Clinical Trial Registry: ClinicalTrials.gov NCT02140554
Disclosure: Markus Mapara - consultant: Incyte.
Julie Kanter - Advisory Board member: NHLBI, ASH, AstraZeneca, bluebird bio, Inc. and Novartis; research funding: bluebird bio, Inc., Apopharma, Global Blood Therapeutics, Novartis, Pfizer, and Sancilio.
Janet Kwiatkowski - consultant: bluebird bio, Inc., and Agios Pharmaceuticals; research funding: bluebird bio, Inc., Agios Pharmaceuticals, Novartis, Apopharma, and Terumo.
Manfred Schmidt - employee: GeneWerk GmbH and German Cancer Research Center; consultant - bluebird bio, Inc.

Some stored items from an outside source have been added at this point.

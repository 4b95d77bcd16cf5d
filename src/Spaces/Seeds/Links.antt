-- ===== src/Spaces/Seeds/Links.antt =====
-- One row in `resolveReferences`: each reference becomes the id that the map has for it.
use gomer.Base.{
  ℕ, ◌≡◌, ◌≢◌, ◌⊎◌, inl, inr, refl, sym, ap, ◌∙◌, Bool-cases, Option, none, some, List, [], ◌∷◌,
  ◌++◌, if◌then◌else◌, All, map, arith,
}
use gomer.Base.Text.{String, str_eq, eq_iff, truthy}
use gomer.Spaces.Json.{Value, str, Numbers}
use gomer.Spaces.Checks.{text_of}
use gomer.Spaces.Spec.WellFormed.{Distinct}
use gomer.Spaces.Records.{FieldSpec, reference, put}
use gomer.Spaces.Seeds.{
  RowPlace, no_target, NameMap, id_named, row_key, target_of, Linking, put_id, link_text,
  link_field, link_fields, is_reference, value_at, text_at,
}
use gomer.Spaces.Seeds.Names.{IsRow, AreRows, id_named-IsRow}

append-ne-nil {ℓ} : {A : Type ℓ} (xs : List A) (x : A) → xs ++ x ∷ [] ≢ []
append-ne-nil [] x e = cc
append-ne-nil (y ∷ xs) x e = cc

module _ {N : Type 0} where
  value_at-put :
      (j k : String) (v : Value N) (c : List (String × Value N))
      → value_at j (put k v c) ≡ (if str_eq k j then some v else value_at j c)
  unfolding value_at put
  value_at-put j k v [] = refl
  value_at-put j k v ((i, w) ∷ c) =
      ground (arith, eq_iff i k, eq_iff i j, eq_iff k j, value_at-put j k v c)

  text_at-put_self :
      (k s : String) (c : List (String × Value N)) → text_at k (put k (str s) c) ≡ some s
  unfolding text_at text_of
  text_at-put_self k s c = rw (value_at-put k k (str s) c, (eq_iff k k).1 refl)

  text_at-put_other :
      (j k : String) (v : Value N) (c : List (String × Value N))
      → k ≢ j
      → text_at j (put k v c) ≡ text_at j c
  unfolding text_at
  text_at-put_other j k v c apart = elim (Bool-cases (str_eq k j)) [
    | inl same ↦ absurd (apart ((eq_iff k j).0 same))
    | inr other ↦ rw (value_at-put j k v c, other)
  ]

-- A reference that holds a text holds the id of a row of its entity.
abbrev pub Resolved :
    {N : Type 0} → List (String × String) → FieldSpec → List (String × Value N) → Type 0
Resolved ts f c =
    f.type ≡ reference
    → (id : String) → text_at f.name c ≡ some id
    → IsRow ts (target_of f.ref_entity) id

truthy-some : (o : Option String) (s : String) → truthy o ≡ some s → o ≡ some s
truthy-some none s e = cc
truthy-some (some t) s e = ground (arith, eq_iff t "")

module _ (numbers : Numbers) (uuid : ℕ → String) (lower : String → String) where
  open numbers use {Num}

  module _ (ts : List (String × String)) (m : NameMap numbers uuid lower) (at : RowPlace) where
    -- What a field without an error does to a row: nothing, where it holds no name, or it puts the id
    -- of a row of the field's entity.
    abbrev pub Links : FieldSpec → Linking numbers uuid lower → Linking numbers uuid lower → Type 0
    Links f s s1 =
        (s1.errors ≡ s.errors)
        × (((f.type ≡ reference → text_at f.name s.fields ≡ none) × (s1.fields ≡ s.fields))
            ⊎ ((id : String) × IsRow ts (target_of f.ref_entity) id
                × (s1.fields ≡ put f.name (str id) s.fields)))

    put_id-Links :
        (o : Option String) (f : FieldSpec) (name : String) (s : Linking numbers uuid lower)
        → ((id : String) → o ≡ some id → IsRow ts (target_of f.ref_entity) id)
        → (put_id numbers uuid lower o at f name s).errors ≡ []
        → Links f s (put_id numbers uuid lower o at f name s)
    put_id-Links none f name s h e = absurd (append-ne-nil s.errors (no_target at f.name name) e)
    put_id-Links (some id) f name s h e = (refl, inr (id, h id refl, refl))

    link_text-Links :
        (o : Option String) (f : FieldSpec) (s : Linking numbers uuid lower)
        → AreRows numbers uuid lower ts m
        → text_at f.name s.fields ≡ o
        → (link_text numbers uuid lower m at f o s).errors ≡ []
        → Links f s (link_text numbers uuid lower m at f o s)
    link_text-Links none f s h is e = (refl, inl (λ t. is, refl))
    link_text-Links (some name) f s h is e =
        let entity = target_of f.ref_entity in
        let key = row_key numbers uuid lower name in
        put_id-Links (truthy (id_named numbers uuid lower entity key m)) f name s
          (λ id found.
            id_named-IsRow numbers uuid lower ts entity key id m h (truthy-some _ id found))
          e

    link_field-Links :
        (f : FieldSpec) (s : Linking numbers uuid lower)
        → AreRows numbers uuid lower ts m
        → (link_field numbers uuid lower m at f s).errors ≡ []
        → Links f s (link_field numbers uuid lower m at f s)
    unfolding link_field
    link_field-Links f s h e = elim (Bool-cases (is_reference f.type)) [
      | inl refers ↦
          rw refers (link_text-Links (text_at f.name s.fields) f s h refl (rw refers at e))
      | inr plain ↦ rw plain (refl, inl (λ t. cc (plain, ap is_reference t), refl))
    ]

    field_passed :
        (f : FieldSpec) (s : Linking numbers uuid lower)
        → AreRows numbers uuid lower ts m
        → (link_field numbers uuid lower m at f s).errors ≡ []
        → s.errors ≡ []
    field_passed f s h e = sym (link_field-Links f s h e).0 ∙ e

    fields_passed :
        (fs : List FieldSpec) (s : Linking numbers uuid lower)
        → AreRows numbers uuid lower ts m
        → (link_fields numbers uuid lower m at fs s).errors ≡ []
        → s.errors ≡ []
    unfolding link_fields
    fields_passed [] s h e = e
    fields_passed (f ∷ fs) s h e =
        field_passed f s h (fields_passed fs (link_field numbers uuid lower m at f s) h e)

    Links-other :
        (k : String) (f : FieldSpec) (s s1 : Linking numbers uuid lower)
        → Links f s s1
        → f.name ≢ k
        → text_at k s1.fields ≡ text_at k s.fields
    Links-other k f s s1 (same, inl (none_there, kept)) apart = ap (text_at k) kept
    Links-other k f s s1 (same, inr (id, row, kept)) apart =
        ap (text_at k) kept ∙ text_at-put_other k f.name (str id) s.fields apart

    fields_other :
        (k : String) (fs : List FieldSpec) (s : Linking numbers uuid lower)
        → AreRows numbers uuid lower ts m
        → (link_fields numbers uuid lower m at fs s).errors ≡ []
        → All (λ n. n ≢ k) (map (λ (f : FieldSpec). f.name) fs)
        → text_at k (link_fields numbers uuid lower m at fs s).fields ≡ text_at k s.fields
    unfolding link_fields
    fields_other k [] s h e apart = refl
    fields_other k (f ∷ fs) s h e apart =
        let s1 = link_field numbers uuid lower m at f s in
        fields_other k fs s1 h e apart.1
        ∙ Links-other k f s s1 (link_field-Links f s h (fields_passed fs s1 h e)) apart.0

    Links-Resolved :
        (f : FieldSpec) (s s1 : Linking numbers uuid lower) → Links f s s1 → Resolved ts f s1.fields
    Links-Resolved f s s1 (same, inl (none_there, kept)) is id held =
        cc (none_there is, held, ap (text_at f.name) kept)
    Links-Resolved f s s1 (same, inr (i, row, kept)) is id held =
        let there : i ≡ id =
          cc (text_at-put_self f.name i s.fields, held, ap (text_at f.name) kept) in
        rw (← there) row

    pub fields-Resolved :
        (fs : List FieldSpec) (s : Linking numbers uuid lower)
        → AreRows numbers uuid lower ts m
        → (link_fields numbers uuid lower m at fs s).errors ≡ []
        → Distinct (map (λ (f : FieldSpec). f.name) fs)
        → (s.errors ≡ [])
          × All (λ f. Resolved ts f (link_fields numbers uuid lower m at fs s).fields) fs
    unfolding link_fields
    fields-Resolved [] s h e d = (e, tt)
    fields-Resolved (f ∷ fs) s h e d =
        let s1 = link_field numbers uuid lower m at f s in
        let (passed, later) = fields-Resolved fs s1 h e d.1 in
        let links = link_field-Links f s h passed in
        (
          field_passed f s h passed,
          (
            λ is id held.
                Links-Resolved f s s1 links is id (sym (fields_other f.name fs s1 h e d.0) ∙ held),
            later,
          ),
        )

Alexandra Miller, Francis Pierciey, Weiliang Shi, Jean-Antoine Ribeil, and Mohammed Asmal - employees of and hold stock in bluebird bio, Inc.
Alexis Thompson - research funding: Amgen, Baxalta/Shire, bluebird bio, Inc., Celgene, Novartis, Biomarin, and La Jolla Pharmaceutical; consultant: bluebird bio, Inc.
Mark Walters - consultant: bluebird bio, Inc., Bioverativ, Trucode, Editas, and Sangamo Therapeutics; medical director: ViaCord Processing Lab and AllCells, Inc.
John Tisdale and Lakshmanan Krishnamurti declare no conflicts of interest.